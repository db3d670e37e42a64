-- ===== src/Connection/Valid.antt =====
-- The well-formedness of the registry: no key occurs twice, and no user stands without a connection.
use yappa_core.Common.{
  string_eq, nat_eq, String, ◌≡◌, refl, sym, subst, Bool, true, false, ◌&&◌, Option, none, some,
  List, [], ◌∷◌, ◌==◌, if◌then◌else◌, Bool-cases, Option-cases, inl, inr,
}
use yappa_core.Common.Map.{
  Map, or_empty, get, insert, remove, is_empty, Distinct, Distinct-insert, Distinct-remove,
  is_empty-insert,
}
use yappa_core.Auth.{Identity}
use yappa_core.Connection.{
  ConnectionRegistry, ConnectionId, TrySend, DashSet, empty, register, unregister, join_group,
  leave_group, create_group, delete_group, send_msg_to_user, send_all, send_msg_to_group, deliver,
}
use yappa_core.Connection.View.{
  connections, members, prune, prune_after, connections-register, connections-unregister,
  connections-send_msg_to_user, groups-unregister, groups-send_msg_to_user,
}
use yappa_core.Connection.Deliver.{Distinct-deliver}
use yappa_core.Connection.Groups.{
  without, members-join_group, members-leave_group, members-create_group, members-delete_group,
  inner-leave_group, inner-delete_group,
}
use yappa_core.Connection.Spec.{
  Call, registers, unregisters, joins, leaves, creates, deletes, sends_to_user, sends_to_group,
  apply, run,
}

abbrev pub IsDashSet : Option DashSet → Type 0
IsDashSet none = Unit
IsDashSet (some s) = Distinct s

IsDashSet-insert :
    (u : String) (o : Option DashSet) → IsDashSet o → IsDashSet (some (insert u tt (or_empty o)))
IsDashSet-insert u none h = Distinct-insert u tt [] tt
IsDashSet-insert u (some s) h = Distinct-insert u tt s h

IsDashSet-or_empty : (o : Option DashSet) → IsDashSet o → IsDashSet (some (or_empty o))
IsDashSet-or_empty none h = tt
IsDashSet-or_empty (some s) h = h

IsDashSet-without : (u : String) (o : Option DashSet) → IsDashSet o → IsDashSet (without u o)
IsDashSet-without u none h = tt
IsDashSet-without u (some s) h = Distinct-remove u s h

-- What holds of both branches of an update holds of its result.
if_keeps {ℓ κ} :
    {A : Type ℓ} (P : A → Type κ) (b : Bool) {o x y : A}
    → o ≡ (if b then x else y)
    → P x
    → P y
    → P o
if_keeps P true e h k = subst P (sym e) h
if_keeps P false e h k = subst P (sym e) k

module _ {S : Type 0} where
  abbrev pub Live : Option (Map ConnectionId S) → Type 0
  Live none = Unit
  Live (some cs) = Distinct cs × (is_empty cs ≡ false)

  pub record IsValid (r : ConnectionRegistry S) : Type 0 where
    pub live : (t u : String) → Live (connections r t u)
    pub sets : (t g : String) → IsDashSet (members r t g)

  Live-insert :
      (c : ConnectionId) (s : S) (o : Option (Map ConnectionId S))
      → Live o
      → Live (some (insert c s (or_empty o)))
  Live-insert c s none h = (Distinct-insert c s [] tt, is_empty-insert c s [])
  Live-insert c s (some cs) h = (Distinct-insert c s cs h.0, is_empty-insert c s cs)

  Live-prune : (cs : Map ConnectionId S) → Distinct cs → Live (prune cs)
  Live-prune cs d = elim (Bool-cases (is_empty cs)) [ inl e ↦ rw e tt | inr e ↦ rw e (d, e) ]

  Live-prune_after :
      (f : Map ConnectionId S → Map ConnectionId S) (o : Option (Map ConnectionId S))
      → ((cs : Map ConnectionId S) → Distinct cs → Distinct (f cs))
      → Live o
      → Live (prune_after f o)
  Live-prune_after f none keep h = tt
  Live-prune_after f (some cs) keep h = Live-prune (f cs) (keep cs h.0)

  empty-IsValid : IsValid empty
  unfolding get
  empty-IsValid = record { live = λ t u. tt; sets = λ t g. tt }

  register-IsValid :
      {r : ConnectionRegistry S} (i : Identity) (c : ConnectionId) (s : S)
      → IsValid r
      → IsValid (register r i c s)
  unfolding register
  register-IsValid {r} i c s v = record {
    live = λ t u.
        if_keeps Live ((i.tenant_id == t) && (i.user_id == u)) (connections-register r i c s t u)
          (Live-insert c s _ (v.live t u)) (v.live t u);
    sets = v.sets;
  }

  unregister-IsValid :
      {r : ConnectionRegistry S} (i : Identity) (c : ConnectionId)
      → IsValid r
      → IsValid (unregister r i c)
  unregister-IsValid {r} i c v = record {
    live = λ t u.
        if_keeps Live ((i.tenant_id == t) && (i.user_id == u)) (connections-unregister r i c t u)
          (Live-prune_after (remove c) _ (Distinct-remove c) (v.live t u)) (v.live t u);
    sets = λ t g. rw (groups-unregister r i c) (v.sets t g);
  }

  -- A change of the groups alone, at one group.
  groups-IsValid :
      {r r' : ConnectionRegistry S} (t₀ g₀ : String) (change : Option DashSet → Option DashSet)
      → IsValid r
      → r'.inner ≡ r.inner
      → ((t g : String)
          → members r' t g
            ≡ (if (t₀ == t) && (g₀ == g) then change (members r t g) else members r t g))
      → ((o : Option DashSet) → IsDashSet o → IsDashSet (change o))
      → IsValid r'
  groups-IsValid {r} {r'} t₀ g₀ change v same e keep = record {
    live = λ t u. rw same (v.live t u);
    sets = λ t g.
        if_keeps IsDashSet ((t₀ == t) && (g₀ == g)) (e t g) (keep _ (v.sets t g)) (v.sets t g);
  }

module _ {S M : Type 0} (try_send : S → M → TrySend × S) where
  pub send_msg_to_user-IsValid :
      {r : ConnectionRegistry S} (t₀ u₀ : String) (msg : M)
      → IsValid r
      → IsValid (send_msg_to_user try_send r t₀ u₀ msg)
  send_msg_to_user-IsValid {r} t₀ u₀ msg v = record {
    live = λ t u.
        if_keeps Live ((t₀ == t) && (u₀ == u))
          (connections-send_msg_to_user try_send r t₀ u₀ msg t u)
          (Live-prune_after (deliver try_send msg) _ (Distinct-deliver try_send msg) (v.live t u))
          (v.live t u);
    sets = λ t g. rw (groups-send_msg_to_user try_send r t₀ u₀ msg) (v.sets t g);
  }

  send_all-IsValid :
      (r : ConnectionRegistry S) (t₀ : String) (us : DashSet) (msg : M)
      → IsValid r
      → IsValid (send_all try_send r t₀ us msg)
  unfolding send_all
  send_all-IsValid r t₀ [] msg v = v
  send_all-IsValid r t₀ ((u, _) ∷ us) msg v =
      send_all-IsValid (send_msg_to_user try_send r t₀ u msg) t₀ us msg
        (send_msg_to_user-IsValid t₀ u msg v)

  pub send_msg_to_group-IsValid :
      {r : ConnectionRegistry S} (t₀ g₀ : String) (msg : M)
      → IsValid r
      → IsValid (send_msg_to_group try_send r t₀ g₀ msg)
  unfolding send_msg_to_group
  send_msg_to_group-IsValid {r} t₀ g₀ msg v = elim (Option-cases (get t₀ r.groups)) [
    | inl e ↦ rw (e, send_msg_to_group) v
    | inr (gs, e) ↦ elim (Option-cases (get g₀ gs)) [
      | inl e' ↦ rw (e, e', send_msg_to_group) v
      | inr (us, e') ↦ rw (e, e', send_msg_to_group) (send_all-IsValid r t₀ us msg v)
    ]
  ]

  -- Every operation of the registry keeps it well formed.
  pub apply-IsValid :
      {r : ConnectionRegistry S} (c : Call S M) → IsValid r → IsValid (apply try_send r c)
  unfolding apply join_group leave_group create_group delete_group
  apply-IsValid {r} (registers i c s) v = register-IsValid i c s v
  apply-IsValid {r} (unregisters i c) v = unregister-IsValid i c v
  apply-IsValid {r} (joins t g u) v =
      groups-IsValid t g (λ o. some (insert u tt (or_empty o))) v refl (members-join_group r t g u)
        (IsDashSet-insert u)
  apply-IsValid {r} (leaves t g u) v =
      groups-IsValid t g (without u) v (inner-leave_group r t g u) (members-leave_group r t g u)
        (IsDashSet-without u)
  apply-IsValid {r} (creates t g) v =
      groups-IsValid t g (λ o. some (or_empty o)) v refl (members-create_group r t g)
        IsDashSet-or_empty
  apply-IsValid {r} (deletes t g) v =
      groups-IsValid t g (λ o. none) v (inner-delete_group r t g) (members-delete_group r t g)
        (λ o h. tt)
  apply-IsValid {r} (sends_to_user t u msg) v = send_msg_to_user-IsValid t u msg v
  apply-IsValid {r} (sends_to_group t g msg) v = send_msg_to_group-IsValid t g msg v

  pub run-IsValid :
      (r : ConnectionRegistry S) (cs : List (Call S M)) → IsValid r → IsValid (run try_send r cs)
  unfolding run
  run-IsValid r [] v = v
  run-IsValid r (c ∷ cs) v = run-IsValid (apply try_send r c) cs (apply-IsValid c v)

  -- After any history of calls on a new registry, no user stands in it with no connection, no
  -- connection stands twice under one user, and no user twice in a group.
  pub run-empty-IsValid : (cs : List (Call S M)) → IsValid (run try_send empty cs)
  run-empty-IsValid cs = run-IsValid empty cs empty-IsValid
· · · · ·
• ACTIVITY: Once you find the line with "unfolding send_all" in the entries above, output it and each line after it up to and including the line with "-- connection stands", and nothing else.

• RESULT OF THE TASK:
  unfolding send_all
  send_all-IsValid r t₀ [] msg v = v
  send_all-IsValid r t₀ ((u, _) ∷ us) msg v =
      send_all-IsValid (send_msg_to_user try_send r t₀ u msg) t₀ us msg
        (send_msg_to_user-IsValid t₀ u msg v)

  pub send_msg_to_group-IsValid :
      {r : ConnectionRegistry S} (t₀ g₀ : String) (msg : M)
      → IsValid r
      → IsValid (send_msg_to_group try_send r t₀ g₀ msg)
  unfolding send_msg_to_group
  send_msg_to_group-IsValid {r} t₀ g₀ msg v = elim (Option-cases (get t₀ r.groups)) [
    | inl e ↦ rw (e, send_msg_to_group) v
    | inr (gs, e) ↦ elim (Option-cases (get g₀ gs)) [
      | inl e' ↦ rw (e, e', send_msg_to_group) v
      | inr (us, e') ↦ rw (e, e', send_msg_to_group) (send_all-IsValid r t₀ us msg v)
    ]
  ]

  -- Every operation of the registry keeps it well formed.
  pub apply-IsValid :
      {r : ConnectionRegistry S} (c : Call S M) → IsValid r → IsValid (apply try_send r c)
  unfolding apply join_group leave_group create_group delete_group
  apply-IsValid {r} (registers i c s) v = register-IsValid i c s v
  apply-IsValid {r} (unregisters i c) v = unregister-IsValid i c v
  apply-IsValid {r} (joins t g u) v =
      groups-IsValid t g (λ o. some (insert u tt (or_empty o))) v refl (members-join_group r t g u)
        (IsDashSet-insert u)
  apply-IsValid {r} (leaves t g u) v =
      groups-IsValid t g (without u) v (inner-leave_group r t g u) (members-leave_group r t g u)
        (IsDashSet-without u)
  apply-IsValid {r} (creates t g) v =
      groups-IsValid t g (λ o. some (or_empty o)) v refl (members-create_group r t g)
        IsDashSet-or_empty
  apply-IsValid {r} (deletes t g) v =
      groups-IsValid t g (λ o. none) v (inner-delete_group r t g) (members-delete_group r t g)
        (λ o h. tt)
  apply-IsValid {r} (sends_to_user t u msg) v = send_msg_to_user-IsValid t u msg v
  apply-IsValid {r} (sends_to_group t g msg) v = send_msg_to_group-IsValid t g msg v

  pub run-IsValid :
      (r : ConnectionRegistry S) (cs : List (Call S M)) → IsValid r → IsValid (run try_send r cs)
  unfolding run
  run-IsValid r [] v = v
  run-IsValid r (c ∷ cs) v = run-IsValid (apply try_send r c) cs (apply-IsValid c v)

  -- After any history of calls on a new registry, no user stands in it with no connection, no
  -- connection stands twice under one user, and no user twice in a group.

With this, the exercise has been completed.